When legal departments think of minimizing risk to the business through contracts, counsels place their focus entirely on contract construction. In-house counsels are concerned with finding and closing loopholes, adding language to account for external events, stipulating certain levels of service, clarifying responsibilities and generally reducing ambiguity as much as possible.

There’s no doubt that attention to detail and thorough accounting of every possibility before signature is essential. But it doesn’t capture the full scope of what’s possible in risk mitigation.

For one, no legal department is perfect; mistakes, ambiguity and loopholes find their way into contracts. If your organization isn’t taking a proactive approach to analyzing its contract portfolio, these errors will expose you to risk. It’s essential that counsels identify errors and ambiguous language after signing and determine what steps can be taken to mitigate risk while the contract is active.

Contract analytics can uncover another significant risk to the business: underperforming or nonconforming vendors.

It’s not always easy to square the abstract obligations laid out in a contract with real-world services and products. Some counter-parties are better than others at meeting their obligations. Without a rigorous assessment of your contract portfolio, you could renew a partnership with a vendor that isn’t being faithful to your agreed-upon terms.

Methods to Plug Revenue Leakage with Contract Analytics

Avoiding cost is all well and good, but earning additional revenue is even better. Unfortunately, few in-house counsels and business stakeholders realize the potential their contract portfolio holds for the business’s top line.

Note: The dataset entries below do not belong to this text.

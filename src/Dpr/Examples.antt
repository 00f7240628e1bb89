-- ===== src/Dpr/Examples.antt =====
-- Concrete runs of the pressure regulator, with whole numbers for the floats.
use asteria_firmware.Prelude.{ℕ, ◌≡◌, refl, ◌↔◌, arith, true, false, [], ◌∷◌, none, some, ltb, inl}
use asteria_firmware.Dpr.{
  Float, active_nominal, passive, enabled, disabled, PidGain, Round, Dpr, new, dpr_round, rounds,
}
use asteria_firmware.Dpr.Regulation.{dpr_round-valve, rounds-IsOff}

abbrev whole : Float
whole = record { Carrier = ℕ; zero = 0; lt = ltb; is_finite = λ _. true; safety_limit_barg = 52 }

abbrev ten : PidGain whole
ten = record { p = 10; i = 0; d = 0 }

abbrev first_state : Dpr whole
first_state = new whole true ten 25 500 0

abbrev enabling : Round whole
enabling = record { control = some (enabled 40); gains = none; measured = some 30; now = 5 }

abbrev disabling : Round whole
disabling = record { control = some disabled; gains = none; measured = some 30; now = 6 }

abbrev measuring : Round whole
measuring = record { control = none; gains = none; measured = some 20; now = 7 }

dpr_round-valve_example :
    let t = dpr_round whole enabling first_state in
    (t.valve ≡ true) ↔ (
      (t.loop_state ≡ active_nominal)
      × (ltb t.pressure t.pid.setpoint ≡ true)
      × (ltb 52 t.pressure ≡ false))
dpr_round-valve_example = dpr_round-valve whole enabling first_state (λ x y h. ground arith)

rounds-IsOff_example :
    ((rounds whole (measuring ∷ measuring ∷ []) (dpr_round whole disabling first_state)).loop_state
      ≡ passive)
    × ((rounds whole (measuring ∷ measuring ∷ []) (dpr_round whole disabling first_state)).valve
        ≡ false)
rounds-IsOff_example =
    rounds-IsOff whole disabling (measuring ∷ measuring ∷ []) first_state refl
      (inl refl, (inl refl, tt))
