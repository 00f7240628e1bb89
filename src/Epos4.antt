-- ===== src/Epos4.antt =====
-- The driver of the Maxon EPOS4 motor controller (crates/devices/epos4/src/lib.rs): its serial
-- link, its frames, the object dictionary accesses and the operations built on them.
pub mod Device
pub mod Crc
pub mod Link
pub mod Frame
pub mod Object
pub mod Dictionary
pub mod Motor
mod Examples
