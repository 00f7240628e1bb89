-- ===== src/Epos4/Crc.antt =====
-- The CRC-16-CCITT of the frames: `update_crc`, `calculate_crc` and `check_crc`.
pub mod Linear
pub mod Detect
use asteria_firmware.Prelude.{
  ℕ, zero, suc, ◌+◌, ◌*◌, ◌/◌, ◌%◌, ◌^◌, bit_and, bit_xor, Bool, List, [], ◌∷◌, ◌++◌, ◌==◌, ◌!=◌,
  if◌then◌else◌,
}

-- One round of the loop of `update_crc`, at the mask `shifter`. After the shift the lowest bit is 0,
-- so `*crc += 1` does not overflow.
unfoldable pub crc_round : ℕ → ℕ → ℕ → ℕ
crc_round crc value shifter =
    let shifted = crc * 2 % 2 ^ 16 in
    let added = if bit_and value shifter != 0 then shifted + 1 else shifted in
    if bit_and crc 0x8000 != 0 then bit_xor added 0x1021 else added

-- `while shifter > 0`, on fuel.
unfoldable pub crc_loop : ℕ → ℕ → ℕ → ℕ → ℕ
crc_loop zero crc value shifter = crc
crc_loop (suc fuel) crc value shifter =
    let rest = crc_loop fuel (crc_round crc value shifter) value (shifter / 2) in
    if shifter == 0 then crc else rest

-- The mask starts at bit 15 and is halved, so 16 rounds reach 0.
unfoldable pub update_crc : ℕ → ℕ → ℕ
unfolding crc_loop crc_round
update_crc crc value = crc_loop 17 crc value 0x8000

unfoldable pub update_all : ℕ → List ℕ → ℕ
update_all crc [] = crc
update_all crc (word ∷ words) = update_all (update_crc crc word) words

unfoldable pub calculate_crc : ℕ → List ℕ → ℕ
calculate_crc header words = update_crc (update_all (update_crc 0 header) words) 0

unfoldable pub check_crc : ℕ → List ℕ → List ℕ → ℕ → Bool
check_crc header error_code words target_crc =
    let crc = update_all (update_all (update_crc 0 header) error_code) words in
    update_crc crc target_crc == 0
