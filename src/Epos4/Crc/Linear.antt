-- ===== src/Epos4/Crc/Linear.antt =====
-- `update_crc` is a linear map over exclusive or: a word that is fed in is added at the end.
use native.Mathlib.Nat.{pow-suc, add-zero, pow-le-pow_right, one-le-pow, mod-one}
use asteria_firmware.Prelude.{
  ℕ, zero, suc, ◌+◌, ◌*◌, ◌/◌, ◌%◌, ◌^◌, ◌<◌, bit_xor, ◌≡◌, refl, sym, ap, ◌∙◌, arith, leb,
  if◌then◌else◌, ◌==◌, Bool, true, false,
}
use asteria_firmware.Bits.Xor.{
  xor-mod, xor-div, xor-zero, xor-lt, xor_swap, double-xor_digit, xor_parity, xor_injective,
}
use asteria_firmware.Bits.Fields.{test_bit}
use asteria_firmware.Bits.Step.{mod_top}
use asteria_firmware.Epos4.Crc.{crc_round, crc_loop, update_crc}

-- One round as arithmetic, fed with the bit `x`.
pub shift_in : ℕ → ℕ → ℕ
shift_in crc x = if leb 32768 crc then bit_xor (crc * 2 % 65536 + x) 0x1021 else crc * 2 % 65536 + x

pub shift_in-lt : (c x : ℕ) → x < 2 → shift_in c x < 65536
unfolding shift_in
shift_in-lt c x h = ground (arith, xor-lt 16 (c * 2 % 65536 + x) 0x1021)

-- The mask `2 ^ k` picks bit `k`.
crc_round-shift_in : (k c v : ℕ) → c < 65536 → crc_round c v (2 ^ k) ≡ shift_in c (v / 2 ^ k % 2)
unfolding crc_round shift_in
crc_round-shift_in k c v h = rw (test_bit k v, test_bit 15 c) (fed (v / 2 ^ k % 2) (omega arith))
  where
    fed :
        (x : ℕ)
        → x < 2
        → (if c / 32768 % 2 == 1
            then bit_xor (if x == 1 then c * 2 % 65536 + 1 else c * 2 % 65536) 0x1021
            else if x == 1
            then c * 2 % 65536 + 1
            else c * 2 % 65536)
          ≡ (if leb 32768 c then bit_xor (c * 2 % 65536 + x) 0x1021 else c * 2 % 65536 + x)
    fed x p = ground arith

-- The rounds left from bit `k - 1` down.
pub rounds : ℕ → ℕ → ℕ → ℕ
rounds zero c v = c
rounds (suc k) c v = rounds k (shift_in c (v / 2 ^ k % 2)) v

crc_loop-zero : (n c v : ℕ) → crc_loop n c v 0 ≡ c
unfolding crc_loop
crc_loop-zero zero c v = refl
crc_loop-zero (suc n) c v = refl

crc_loop-step :
    (n c v shifter : ℕ)
    → 0 < shifter
    → crc_loop (suc n) c v shifter ≡ crc_loop n (crc_round c v shifter) v (shifter / 2)
unfolding crc_loop
crc_loop-step n c v shifter h = ground arith

-- From the mask `2 ^ k` the loop makes `k + 1` rounds and ends; more fuel changes nothing.
pub crc_loop-rounds :
    (k n c v : ℕ) → c < 65536 → k < n → crc_loop (suc n) c v (2 ^ k) ≡ rounds (suc k) c v
unfolding rounds
crc_loop-rounds k zero c v h p = absurd (omega arith)
crc_loop-rounds zero (suc n) c v h p =
    crc_loop-step (suc n) c v 1 (omega arith)
    ∙ crc_loop-zero (suc n) (crc_round c v 1) v
    ∙ crc_round-shift_in 0 c v h
crc_loop-rounds (suc k) (suc n) c v h p =
    crc_loop-step (suc n) c v (2 ^ suc k) (one-le-pow (suc k) 2 (omega arith))
    ∙ rw (crc_round-shift_in (suc k) c v h, half)
        (crc_loop-rounds k n (shift_in c (v / 2 ^ suc k % 2)) v
          (shift_in-lt c (v / 2 ^ suc k % 2) (omega arith)) (omega arith))
  where
    half : 2 ^ suc k / 2 ≡ 2 ^ k
    half = omega (arith, pow-suc 2 k)

pub update_crc-rounds : (c v : ℕ) → c < 65536 → update_crc c v ≡ rounds 16 c v
unfolding update_crc
update_crc-rounds c v h = crc_loop-rounds 15 16 c v h (omega arith)

-- A value below `2 ^ 15` that is added before the shift is doubled behind it, with the bit.
shift_in-xor :
    (c t x : ℕ)
    → c < 65536
    → t < 32768
    → x < 2
    → shift_in (bit_xor c t) x ≡ bit_xor (shift_in c 0) (2 * t + x)
unfolding shift_in
shift_in-xor c t x hc ht hx = rw (shifted, same_carry) (added (leb 32768 c))
  where
    body : ℕ
    body = c * 2 % 65536

    no_top : t / 32768 ≡ 0
    no_top = omega arith

    kept : t % 32768 ≡ t
    kept = omega arith

    low : bit_xor c t % 32768 ≡ bit_xor (c % 32768) t
    low = xor-mod 15 c t ∙ rw kept refl

    twice : (n : ℕ) → n * 2 % 65536 ≡ 2 * (n % 32768)
    twice n = omega arith

    same_carry : leb 32768 (bit_xor c t) ≡ leb 32768 c
    same_carry =
        let top : bit_xor c t / 32768 ≡ c / 32768 =
          xor-div 15 c t ∙ rw no_top (xor-zero (c / 32768)) in
        ground (arith, top)

    shifted : bit_xor c t * 2 % 65536 + x ≡ bit_xor body (2 * t + x)
    shifted = rw (twice (bit_xor c t), twice c, low) (sym (double-xor_digit (c % 32768) t x hx))

    added :
        (carry : Bool)
        → (if carry then bit_xor (bit_xor body (2 * t + x)) 0x1021 else bit_xor body (2 * t + x))
          ≡ bit_xor (if carry then bit_xor (body + 0) 0x1021 else body + 0) (2 * t + x)
    added true = rw (add-zero body) (xor_swap body (2 * t + x) 0x1021)
    added false = rw (add-zero body)

-- A value `t` of `16 - k` bits that is added before the last `k` rounds ends on top of the bits
-- that they feed in.
rounds-xor :
    (k j c t v : ℕ)
    → j + k ≡ 16
    → c < 65536
    → t < 2 ^ j
    → rounds k (bit_xor c t) v ≡ bit_xor (rounds k c 0) (t * 2 ^ k + v % 2 ^ k)
unfolding rounds
rounds-xor zero j c t v e hc ht = ap (bit_xor c) (rw (mod-one v) (omega arith))
rounds-xor (suc k) j c t v e hc ht =
    rw (no_bit, shift_in-xor c t x hc narrow (omega arith))
      (rounds-xor k (suc j) (shift_in c 0) (2 * t + x) v (omega arith)
          (shift_in-lt c 0 (omega arith)) (omega (arith, pow-suc 2 j))
        ∙ ap (bit_xor (rounds k (shift_in c 0) 0)) regroup)
  where
    x : ℕ
    x = v / 2 ^ k % 2

    no_bit : 0 / 2 ^ k % 2 ≡ 0
    no_bit = omega arith

    narrow : t < 32768
    narrow = omega (arith, pow-le-pow_right {n = 2} (omega arith) {i = j} {j = 15} (omega arith))

    regroup : (2 * t + x) * 2 ^ k + v % 2 ^ k ≡ t * 2 ^ suc k + v % 2 ^ suc k
    regroup = omega (arith, mod_top k v, ap (λ (p : ℕ). t * p) (pow-suc 2 k))

-- Feeding a word adds it to what feeding 0 gives.
pub update_crc-xor : (c v : ℕ) → c < 65536 → v < 65536 → update_crc c v ≡ bit_xor (update_crc c 0) v
update_crc-xor c v hc hv =
    update_crc-rounds c v hc
    ∙ ap (λ t. rounds 16 t v) (sym (xor-zero c))
    ∙ rounds-xor 16 0 c 0 v refl hc (omega arith)
    ∙ rw (sym (update_crc-rounds c 0 hc)) (ap (bit_xor (update_crc c 0)) (omega arith))

rounds-lt : (k c v : ℕ) → c < 65536 → rounds k c v < 65536
unfolding rounds
rounds-lt zero c v h = h
rounds-lt (suc k) c v h =
    rounds-lt k (shift_in c (v / 2 ^ k % 2)) v (shift_in-lt c (v / 2 ^ k % 2) (omega arith))

pub update_crc-lt : (c v : ℕ) → c < 65536 → update_crc c v < 65536
update_crc-lt c v h = rw (update_crc-rounds c v h) (rounds-lt 16 c v h)

-- The lowest bit of the result shows whether a 1 was shifted out, so no two states meet.
shift_in_injective :
    (a b x : ℕ) → a < 65536 → b < 65536 → x < 2 → shift_in a x ≡ shift_in b x → a ≡ b
unfolding shift_in
shift_in_injective a b x ha hb hx e = ground (
  arith,
  xor_parity (a * 2 % 65536 + x) 0x1021,
  xor_parity (b * 2 % 65536 + x) 0x1021,
  xor_injective (a * 2 % 65536 + x) (b * 2 % 65536 + x) 0x1021,
)

rounds_injective : (k a b v : ℕ) → a < 65536 → b < 65536 → rounds k a v ≡ rounds k b v → a ≡ b
unfolding rounds
rounds_injective zero a b v ha hb e = e
rounds_injective (suc k) a b v ha hb e = shift_in_injective a b x ha hb (omega arith) (
    rounds_injective k (shift_in a x) (shift_in b x) v (shift_in-lt a x (omega arith))
      (shift_in-lt b x (omega arith)) e)
  where
    x : ℕ
    x = v / 2 ^ k % 2

-- Two states stay apart under the same word.
pub update_crc_injective :
    (a b v : ℕ) → a < 65536 → b < 65536 → update_crc a v ≡ update_crc b v → a ≡ b
update_crc_injective a b v ha hb e =
    rounds_injective 16 a b v ha hb (sym (update_crc-rounds a v ha) ∙ e ∙ update_crc-rounds b v hb)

Commonly, this comes in the form of missed incentives, performance-based rewards and rebates. These potential revenue sources are often buried in single clauses among thousands of contracts. Finding and identifying these clauses are one of the many use cases for AI and natural language processing in contract analytics and management.

Organizations lose out on revenue in another, often surprising way: inconsistent pricing. It’s hard to believe that your organization could be purchasing the same product or service from the same vendor for different prices, but it does happen. Inconsistent pricing could arise when hold multiple contracts with the same counter-party, for instance. Or, your internal teams could be asking for differently priced variations of the same product or service, such as consistently asking for rush orders of supplies or fast turnaround times. In either case, you won’t know unless you examine the contents of your contracts and compare them with the reality on the ground.

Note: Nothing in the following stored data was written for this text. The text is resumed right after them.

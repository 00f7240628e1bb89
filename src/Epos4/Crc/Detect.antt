-- ===== src/Epos4/Crc/Detect.antt =====
-- What the CRC accepts and what it detects.
use asteria_firmware.Prelude.{
  ℕ, ◌<◌, bit_xor, ◌≡◌, ◌≢◌, ◌↔◌, refl, sym, ◌∙◌, arith, true, false, List, [], ◌∷◌, ◌++◌, ◌==◌,
  Bool-cases, inl, inr,
}
use asteria_firmware.Bits.Xor.{xor_self, xor_comm, xor_injective}
use asteria_firmware.Epos4.Crc.{update_crc, update_all, calculate_crc, check_crc}
use asteria_firmware.Epos4.Crc.Linear.{update_crc-xor, update_crc-lt, update_crc_injective}

pub update_all-append :
    (c : ℕ) (xs ys : List ℕ) → update_all c (xs ++ ys) ≡ update_all (update_all c xs) ys
unfolding update_all
update_all-append c [] ys = refl
update_all-append c (x ∷ xs) ys = update_all-append (update_crc c x) xs ys

pub update_all-lt : (c : ℕ) (xs : List ℕ) → c < 65536 → update_all c xs < 65536
unfolding update_all
update_all-lt c [] h = h
update_all-lt c (x ∷ xs) h = update_all-lt (update_crc c x) xs (update_crc-lt c x h)

-- Two states that differ stay different under the same words.
update_all_injective :
    (a b : ℕ) (xs : List ℕ) → a < 65536 → b < 65536 → update_all a xs ≡ update_all b xs → a ≡ b
unfolding update_all
update_all_injective a b [] ha hb e = e
update_all_injective a b (x ∷ xs) ha hb e = update_crc_injective a b x ha hb (
    update_all_injective (update_crc a x) (update_crc b x) xs (update_crc-lt a x ha)
      (update_crc-lt b x hb) e)

-- The words that a response's CRC covers, in the order in which they arrive, and the CRC.
abbrev pub covered : ℕ → List ℕ → List ℕ → ℕ → List ℕ
covered header error_code words target = header ∷ (error_code ++ (words ++ target ∷ []))

check_crc-covered :
    (header : ℕ) (error_code words : List ℕ) (target : ℕ)
    → check_crc header error_code words target
      ≡ (update_all 0 (covered header error_code words target) == 0)
unfolding check_crc update_all
check_crc-covered header error_code words target = rw (
  update_all-append (update_crc 0 header) error_code (words ++ target ∷ []),
  update_all-append (update_all (update_crc 0 header) error_code) words (target ∷ []),
)

xor_eq_zero : (a b : ℕ) → bit_xor a b ≡ 0 → a ≡ b
xor_eq_zero a b e = xor_injective a b b (e ∙ sym (xor_self b))

-- A response passes the check exactly when its last word is the CRC that `calculate_crc` gives for
-- its header, error code and data, whatever these are.
pub check_crc-calculate_crc :
    (header : ℕ) (error_code words : List ℕ) (target : ℕ)
    → target < 65536
    → (check_crc header error_code words target ≡ true)
      ↔ (target ≡ calculate_crc header (error_code ++ words))
unfolding check_crc calculate_crc
check_crc-calculate_crc header error_code words target h =
    rw (update_all-append (update_crc 0 header) error_code words)
      (only (update_all before words) ok)
  where
    before : ℕ
    before = update_all (update_crc 0 header) error_code

    ok : update_all before words < 65536
    ok =
        update_all-lt before words
          (update_all-lt (update_crc 0 header) error_code (update_crc-lt 0 header (omega arith)))

    only : (c : ℕ) → c < 65536 → ((update_crc c target == 0) ≡ true) ↔ (target ≡ update_crc c 0)
    only c hc =
        ground (
          arith,
          update_crc-xor c target hc h,
          xor_eq_zero (update_crc c 0) target,
          xor_self target,
        )

word_injective :
    (pre post : List ℕ) (x y : ℕ)
    → x < 65536
    → y < 65536
    → update_all 0 (pre ++ x ∷ post) ≡ update_all 0 (pre ++ y ∷ post)
    → x ≡ y
unfolding update_all
word_injective pre post x y hx hy e = xor_injective x y base (
    xor_comm x base
    ∙ sym (update_crc-xor c x hc hx)
    ∙ same
    ∙ update_crc-xor c y hc hy
    ∙ xor_comm base y)
  where
    c : ℕ
    c = update_all 0 pre

    base : ℕ
    base = update_crc c 0

    hc : c < 65536
    hc = update_all-lt 0 pre (omega arith)

    same : update_crc c x ≡ update_crc c y
    same =
        update_all_injective (update_crc c x) (update_crc c y) post (update_crc-lt c x hc)
          (update_crc-lt c y hc)
          (sym (update_all-append 0 pre (x ∷ post)) ∙ e ∙ update_all-append 0 pre (y ∷ post))

zero_of_test : (n : ℕ) → (n == 0) ≡ true → n ≡ 0
zero_of_test n h = ground arith

-- An error that is confined to one 16-bit word of a response, be it the header, the error code, the
-- data or the CRC, is always detected.
pub check_crc_detects :
    (pre post : List ℕ) (x y : ℕ) (header header' : ℕ) (error_code error_code' : List ℕ)
    (words words' : List ℕ) (target target' : ℕ)
    → covered header error_code words target ≡ pre ++ x ∷ post
    → covered header' error_code' words' target' ≡ pre ++ y ∷ post
    → x < 65536
    → y < 65536
    → x ≢ y
    → check_crc header error_code words target ≡ true
    → check_crc header' error_code' words' target' ≡ false
check_crc_detects pre post x y header header' error_code error_code' words words' target target'
      sent received hx hy ne accepted =
    elim (Bool-cases (check_crc header' error_code' words' target')) [
      | inr rejected ↦ rejected
      | inl passed ↦ absurd (ne (word_injective pre post x y hx hy (first ∙ sym (second passed))))
    ]
  where
    first : update_all 0 (pre ++ x ∷ post) ≡ 0
    first =
        zero_of_test _
          (rw (← sent) (sym (check_crc-covered header error_code words target) ∙ accepted))

    second :
        check_crc header' error_code' words' target' ≡ true → update_all 0 (pre ++ y ∷ post) ≡ 0
    second passed =
        zero_of_test _
          (rw (← received) (sym (check_crc-covered header' error_code' words' target') ∙ passed))

pub calculate_crc-lt : (header : ℕ) (words : List ℕ) → calculate_crc header words < 65536
unfolding calculate_crc
calculate_crc-lt header words =
    update_crc-lt (update_all (update_crc 0 header) words) 0
      (update_all-lt (update_crc 0 header) words (update_crc-lt 0 header (omega arith)))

Trends and Future Outcomes

Identifying risk and opportunities for additional revenue are certainly worthwhile applications for contract analytics, but its greatest value lies in its ability to help inform your organization’s future strategy.

By analyzing your contract portfolio, you can identify patterns and trends that can be used to adjust strategy. For example, do contracts with vendors in a given geographic area tend to result in a poor relationship? Are certain types of contracts consistently resulting in missed milestones and delays? If so, why? The answer could be an unreliable vendor, a poorly organized branch, external difficulties disrupting a certain market sector, a pattern of non-standard contract clauses — anything.

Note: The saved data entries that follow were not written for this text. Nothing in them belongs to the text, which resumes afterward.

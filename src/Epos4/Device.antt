-- ===== src/Epos4/Device.antt =====
-- The error codes and the state words that the controller reports, and the driver's own errors.
pub mod Codes
use asteria_firmware.Prelude.{
  ℕ, ◌+◌, ◌*◌, ◌%◌, ◌^◌, bit_and, bit_or, Bool, true, false, ◌==◌, if◌then◌else◌,
}

pub data DeviceError : Type 0 where
  no_error toggle_error sdo_timeout client_server_specifier_error : DeviceError
  invalid_block_size invalid_sequence sdo_crc_error out_of_memory_error : DeviceError
  access_error write_only_error read_only_error object_not_exist_error : DeviceError
  pdo_mapping_error pdo_length_error general_parameter_error : DeviceError
  general_internal_incompatibility_error hardware_error service_parameter_error : DeviceError
  service_parameter_too_high service_parameter_too_low subindex_error : DeviceError
  value_range_error value_too_high value_too_low max_less_than_min_error : DeviceError
  general_error transfer_or_store_error local_control_error wrong_device_state_error : DeviceError
  can_id_error password_error illegal_command_error wrong_nmt_state_error : DeviceError
  unknown_error : ℕ → DeviceError

-- The match of `DeviceError::from`, on the assembled 32-bit code.
unfoldable pub of_code : ℕ → DeviceError
of_code v =
    if v == 0x0000_0000
    then no_error
    else if v == 0x0503_0000
    then toggle_error
    else if v == 0x0504_0000
    then sdo_timeout
    else if v == 0x0504_0001
    then client_server_specifier_error
    else if v == 0x0504_0002
    then invalid_block_size
    else if v == 0x0504_0003
    then invalid_sequence
    else if v == 0x0504_0004
    then sdo_crc_error
    else if v == 0x0504_0005
    then out_of_memory_error
    else if v == 0x0601_0000
    then access_error
    else if v == 0x0601_0001
    then write_only_error
    else if v == 0x0601_0002
    then read_only_error
    else if v == 0x0602_0000
    then object_not_exist_error
    else if v == 0x0604_0041
    then pdo_mapping_error
    else if v == 0x0604_0042
    then pdo_length_error
    else if v == 0x0604_0043
    then general_parameter_error
    else if v == 0x0604_0047
    then general_internal_incompatibility_error
    else if v == 0x0606_0000
    then hardware_error
    else if v == 0x0607_0010
    then service_parameter_error
    else if v == 0x0607_0012
    then service_parameter_too_high
    else if v == 0x0607_0013
    then service_parameter_too_low
    else if v == 0x0609_0011
    then subindex_error
    else if v == 0x0609_0030
    then value_range_error
    else if v == 0x0609_0031
    then value_too_high
    else if v == 0x0609_0032
    then value_too_low
    else if v == 0x0609_0036
    then max_less_than_min_error
    else if v == 0x0800_0000
    then general_error
    else if v == 0x0800_0020
    then transfer_or_store_error
    else if v == 0x0800_0021
    then local_control_error
    else if v == 0x0800_0022
    then wrong_device_state_error
    else if v == 0x0F00_FFB9
    then can_id_error
    else if v == 0x0F00_FFBE
    then password_error
    else if v == 0x0F00_FFBF
    then illegal_command_error
    else if v == 0x0F00_FFC0
    then wrong_nmt_state_error
    else unknown_error v

-- `DeviceError::from([u16; 2])`, low word first.
unfoldable pub from_words : ℕ → ℕ → DeviceError
from_words low high = of_code (bit_or low (high * 2 ^ 16))

-- The discriminants of `DeviceError`.
unfoldable pub code : DeviceError → ℕ
code no_error = 0x0000_0000
code toggle_error = 0x0503_0000
code sdo_timeout = 0x0504_0000
code client_server_specifier_error = 0x0504_0001
code invalid_block_size = 0x0504_0002
code invalid_sequence = 0x0504_0003
code sdo_crc_error = 0x0504_0004
code out_of_memory_error = 0x0504_0005
code access_error = 0x0601_0000
code write_only_error = 0x0601_0001
code read_only_error = 0x0601_0002
code object_not_exist_error = 0x0602_0000
code pdo_mapping_error = 0x0604_0041
code pdo_length_error = 0x0604_0042
code general_parameter_error = 0x0604_0043
code general_internal_incompatibility_error = 0x0604_0047
code hardware_error = 0x0606_0000
code service_parameter_error = 0x0607_0010
code service_parameter_too_high = 0x0607_0012
code service_parameter_too_low = 0x0607_0013
code subindex_error = 0x0609_0011
code value_range_error = 0x0609_0030
code value_too_high = 0x0609_0031
code value_too_low = 0x0609_0032
code max_less_than_min_error = 0x0609_0036
code general_error = 0x0800_0000
code transfer_or_store_error = 0x0800_0020
code local_control_error = 0x0800_0021
code wrong_device_state_error = 0x0800_0022
code can_id_error = 0x0F00_FFB9
code password_error = 0x0F00_FFBE
code illegal_command_error = 0x0F00_FFBF
code wrong_nmt_state_error = 0x0F00_FFC0
code (unknown_error v) = v

-- `device_error != DeviceError::NoError`.
abbrev pub is_error : DeviceError → Bool
is_error no_error = false
is_error _ = true

pub data EposStatus : Type 0 where
  not_ready_to_switch_on switch_on_disabled ready_to_switch_on switched_on : EposStatus
  operation_enabled quick_stop_active fault_reaction_active fault unknown_status : EposStatus

-- `EposStatus::from(u16)`.
unfoldable pub from_status_word : ℕ → EposStatus
from_status_word w =
    let state = bit_and w 0b0110_1111 in
    if state == 0b0000_0000
    then not_ready_to_switch_on
    else if state == 0b0100_0000
    then switch_on_disabled
    else if state == 0b0010_0001
    then ready_to_switch_on
    else if state == 0b0010_0011
    then switched_on
    else if state == 0b0010_0111
    then operation_enabled
    else if state == 0b0000_0111
    then quick_stop_active
    else if state == 0b0000_1111
    then fault_reaction_active
    else if state == 0b0000_1000
    then fault
    else unknown_status

-- `PartialEq` of `EposStatus` against `Fault`.
abbrev pub is_fault : EposStatus → Bool
is_fault fault = true
is_fault _ = false

-- The error type of the driver; `E` is the error of the serial port.
pub data Epos4Error (E : Type 0) : Type 0 where
  interface : E → Epos4Error E
  framing : Epos4Error E
  device_in_fault_state : Epos4Error E
  device : DeviceError → Epos4Error E
  timeout : Epos4Error E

Discovering these answers and acting upon them ultimately strengthens the business and leads towards a legal department that acts less like a reactive defender of the business and more like a strategic advisor.

How can you actually gather these insights?

In most cases, legal departments have already made the first step — centralizing and storing their contract portfolio into a repository. If your repository is hosted within a sufficiently sophisticated contract management system (CMS), you’ll also have access to the contract analytics capabilities you’ll need to identify, extract and analyze key data points from across your contract portfolio.

Through machine learning and natural language processing capabilities, you can gather data points such as:

  • Dates related to renewals or expirations
  • Non-standard clauses
  • Contracts with similar geographic, service or vendor characteristics
  • Incentives, rebates and performance-based rewards

If your legal department has mainly thought of their CMS as a contract repository solution, then the prospect of jumping into a data analytics project might seem daunting. We’ve put together a primer on the role of data analytics in a corporate legal team — read the guide to learn more about this subject.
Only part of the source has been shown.